Domestically, the economic strain on businesses, earnings, and employment could mount quickly, potentially dampening demand. If weaker demand offsets initial price increases and job losses become a factor, bond markets could see renewed support as investors seek safer assets. And keep in mind that a possible government shutdown is on the horizon as Congress approaches the March 14 deadline to approve funding legislation. Although a shutdown might seem unlikely based on the GOP’s standing in Washington, shifting political dynamics have made such assumptions less certain.
Despite bond yields falling as of late, the yield curve has remained relatively stable, with the 2s/10s spread holding within a tight range of 20- to 25-basis points, though technical signals suggest a potential breakout. Meanwhile, 2-year yields have fallen below 4.0 percent, reflecting growing market confidence in the Fed’s potential for easing policy, even as uncertainty remains over the extent and timing of rate cuts. Current market pricing suggests between two and three 25-basis points rate cuts in 2025, aligning with the Fed’s prior guidance, though this could shift further if economic conditions deteriorate.
With U.S. economic resilience facing fresh challenges, lower yields may persist as markets weigh slowing demand against inflationary pressures from new tariffs. Investors remain watchful for potential downside risks, even if they are not currently the market’s primary concern.
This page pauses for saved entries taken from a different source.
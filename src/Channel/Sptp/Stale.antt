-- ===== src/Channel/Sptp/Stale.antt =====
-- Which packets a slave acts on, and when the clock may jump.
use communication_in_critica.Prelude.{
  ℕ, ◌+◌, ◌%◌, ◌^◌, ◌<◌, ◌≤◌, ◌≡◌, ◌⊎◌, inl, inr, refl, sym, ap, subst, ◌↔◌, ◌∙◌, Bool, true, false,
  not, ◌&&◌, ltb, leb, ◌==◌, arith, List, [], ◌∷◌, length, Bool-cases, ℤ, pos, negsuc, neg, abs,
  is_zero,
}
use communication_in_critica.Channel.Sptp.{
  Sptp, Effect, jumps, send_sync_request, receive_sync, apply_measure, raw_offset, raw_delay,
  averaged, sync_kind, min_offset_ns, max_offset_ns,
}
use communication_in_critica.Channel.Sptp.Wire.{
  seq_of, t2_prime_of, sync_size, sync_bytes, seq_of-sync_bytes,
}

-- A reply is acted on if it is one, whole, and answers the request that is pending.
abbrev pub Answers : Sptp → ℕ → List ℕ → Type 0
Answers s kind payload =
    (kind ≡ sync_kind)
    × (sync_size ≤ length payload)
    × (is_zero s.pending_t2_ns ≡ false)
    × (seq_of payload ≡ s.pending_seq)

-- The guards of `receive_sync`.
abbrev guards : Sptp → ℕ → List ℕ → Bool
guards s kind payload =
    kind == sync_kind
    && (leb sync_size (length payload)
        && (not (is_zero s.pending_t2_ns) && seq_of payload == s.pending_seq))

guards-Answers :
    (s : Sptp) (kind : ℕ) (payload : List ℕ)
    → (guards s kind payload ≡ true) ↔ Answers s kind payload
guards-Answers s kind payload = ground arith

-- What a slave does with the packet that it waits for.
abbrev measured : Sptp → ℤ → List ℕ → ℤ → ℕ → Sptp × List Effect
measured s t1 payload t1' steady =
    apply_measure s (raw_offset t1 t1' s.pending_t2_ns (t2_prime_of payload))
      (raw_delay t1 t1' s.pending_t2_ns (t2_prime_of payload)) steady

module _ (s : Sptp) (kind : ℕ) (t1 : ℤ) (payload : List ℕ) (t1' : ℤ) (steady : ℕ) where
  taken :
      Answers s kind payload
      → receive_sync s kind t1 payload t1' steady ≡ measured s t1 payload t1' steady
  unfolding receive_sync
  taken h = rw ((guards-Answers s kind payload).1 h) refl

  taken-cases : (receive_sync s kind t1 payload t1' steady ≡ (s, [])) ⊎ Answers s kind payload
  unfolding receive_sync
  taken-cases = elim (Bool-cases (guards s kind payload)) [
    | inl e ↦ inr ((guards-Answers s kind payload).0 e)
    | inr e ↦ inl (rw e refl)
  ]

module _ (s : Sptp) (offset delay : ℤ) (steady : ℕ) where
  apply_measure-pending : (apply_measure s offset delay steady).0.pending_t2_ns ≡ pos 0
  unfolding apply_measure
  apply_measure-pending = elim (Bool-cases (leb max_offset_ns (abs offset))) [
    | inl e ↦ rw e refl
    | inr e ↦ rw e refl
  ]

  apply_measure-jump :
      (delta : ℤ)
      → (apply_measure s offset delay steady).1 ≡ jumps delta ∷ []
      → (delta ≡ neg offset)
        × (min_offset_ns < abs offset)
        × (abs offset < max_offset_ns)
        × ((apply_measure s offset delay steady).0.sync_count ≡ s.sync_count + 1)
  unfolding apply_measure
  apply_measure-jump delta h = elim (Bool-cases (leb max_offset_ns (abs offset))) [
    | inl e ↦ absurd (ground (arith, (rw e at h)))
    | inr e ↦ elim (Bool-cases (ltb min_offset_ns (abs offset))) [
      | inl t ↦ rw e (ground (arith, (rw (e, t) at h)), ground (arith, t), ground (arith, e), refl)
      | inr t ↦ absurd (ground (arith, (rw (e, t) at h)))
    ]
  ]

abs-neg : (x : ℤ) → abs (neg x) ≡ abs x
abs-neg (pos n) = ground arith
abs-neg (negsuc n) = ground arith

true≢false : true ≡ false → ⊥
true≢false e = ground (arith, e)

nothing_sent : (delta : ℤ) → [] ≡ jumps delta ∷ [] → ⊥
nothing_sent delta e = ground (arith, e)

other_seq : (n : ℕ) → n < 2 ^ 32 → n ≡ (n + 1) % 2 ^ 32 → ⊥
other_seq n h e = omega arith

-- Of a reply that comes twice, the second does nothing, whatever came of the first.
replay_ignored :
    (s : Sptp) (kind kind' : ℕ) (t1 u1 t1' u1' : ℤ) (payload payload' : List ℕ) (steady steady' : ℕ)
    → Answers s kind payload
    → let after = (receive_sync s kind t1 payload t1' steady).0 in
      receive_sync after kind' u1 payload' u1' steady' ≡ (after, [])
replay_ignored s kind kind' t1 u1 t1' u1' payload payload' steady steady' h =
    let after = (receive_sync s kind t1 payload t1' steady).0 in
    let none_pending : after.pending_t2_ns ≡ pos 0 =
      ap (λ x. x.0.pending_t2_ns) (taken s kind t1 payload t1' steady h)
      ∙ apply_measure-pending s _ _ steady in
    elim (taken-cases after kind' u1 payload' u1' steady') [
      | inl e ↦ e
      | inr (_, _, waits, _) ↦ absurd (true≢false (sym (ap is_zero none_pending) ∙ waits))
    ]

-- The clock jumps only by the negative of the measured offset, and only if that is more than 100
-- microseconds and less than a second; then the round counts.
pub jump_bounded :
    (s : Sptp) (kind : ℕ) (t1 : ℤ) (payload : List ℕ) (t1' : ℤ) (steady : ℕ) (delta : ℤ)
    → (receive_sync s kind t1 payload t1' steady).1 ≡ jumps delta ∷ []
    → (delta ≡ neg (raw_offset t1 t1' s.pending_t2_ns (t2_prime_of payload)))
      × (min_offset_ns < abs delta)
      × (abs delta < max_offset_ns)
      × ((receive_sync s kind t1 payload t1' steady).0.sync_count ≡ s.sync_count + 1)
      × Answers s kind payload
jump_bounded s kind t1 payload t1' steady delta h =
    elim (taken-cases s kind t1 payload t1' steady) [
      | inl e ↦ absurd (nothing_sent delta (sym (ap (λ x. x.1) e) ∙ h))
      | inr answers ↦
          let same = taken s kind t1 payload t1' steady answers in
          let (is_neg, above, below, counts) =
            apply_measure-jump s _ _ steady delta (sym (ap (λ x. x.1) same) ∙ h) in
          let size =
            ap abs is_neg ∙ abs-neg (raw_offset t1 t1' s.pending_t2_ns (t2_prime_of payload)) in
          (
            is_neg,
            subst (λ n. min_offset_ns < n) (sym size) above,
            subst (λ n. n < max_offset_ns) (sym size) below,
            ap (λ x. x.0.sync_count) same ∙ counts,
            answers,
          )
    ]

-- The average of the delay stays under any bound of the average so far and the sample.
pub averaged-le :
    (current bound : ℕ) (raw : ℤ) → current ≤ bound → abs raw ≤ bound → averaged current raw ≤ bound
averaged-le current bound (pos raw) h k = ground arith
averaged-le current bound (negsuc raw) h k = h

-- Once a second request is sent, a reply to the first does nothing.
pub superseded_ignored :
    (s : Sptp) (now tx now' tx' : ℤ) (kind : ℕ) (t1 : ℤ) (t2' : ℕ) (t1' : ℤ) (steady : ℕ)
    → s.next_seq < 2 ^ 32
    → let first = (send_sync_request s now tx).0 in
      let second = (send_sync_request first now' tx').0 in
      receive_sync second kind t1 (sync_bytes first.pending_seq t2') t1' steady ≡ (second, [])
unfolding send_sync_request
superseded_ignored s now tx now' tx' kind t1 t2' t1' steady small =
    let first = (send_sync_request s now tx).0 in
    let second = (send_sync_request first now' tx').0 in
    elim (taken-cases second kind t1 (sync_bytes first.pending_seq t2') t1' steady) [
      | inl e ↦ e
      | inr (_, _, _, same) ↦
          absurd (other_seq s.next_seq small (sym (seq_of-sync_bytes s.next_seq t2' small) ∙ same))
    ]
Today’s economic calendar kicked off with mortgage applications increasing 20.4 percent from one week earlier, according to data from the Mortgage Bankers Association. We’ve also received ADP employment for February (77k, much lower than expected). Later today brings the final February S&P Global services PMI, January factory orders, a buyback from the Treasury in the 10- to 20-year sector for up to $2 billion, and the Beige Book will be released ahead of the March 18/19 FOMC meeting. We begin the day with Agency MBS prices roughly unchanged based on coupon and maturity, the 2-year at 3.93, and the 10-year yielding 4.23 after closing yesterday at 4.21 percent.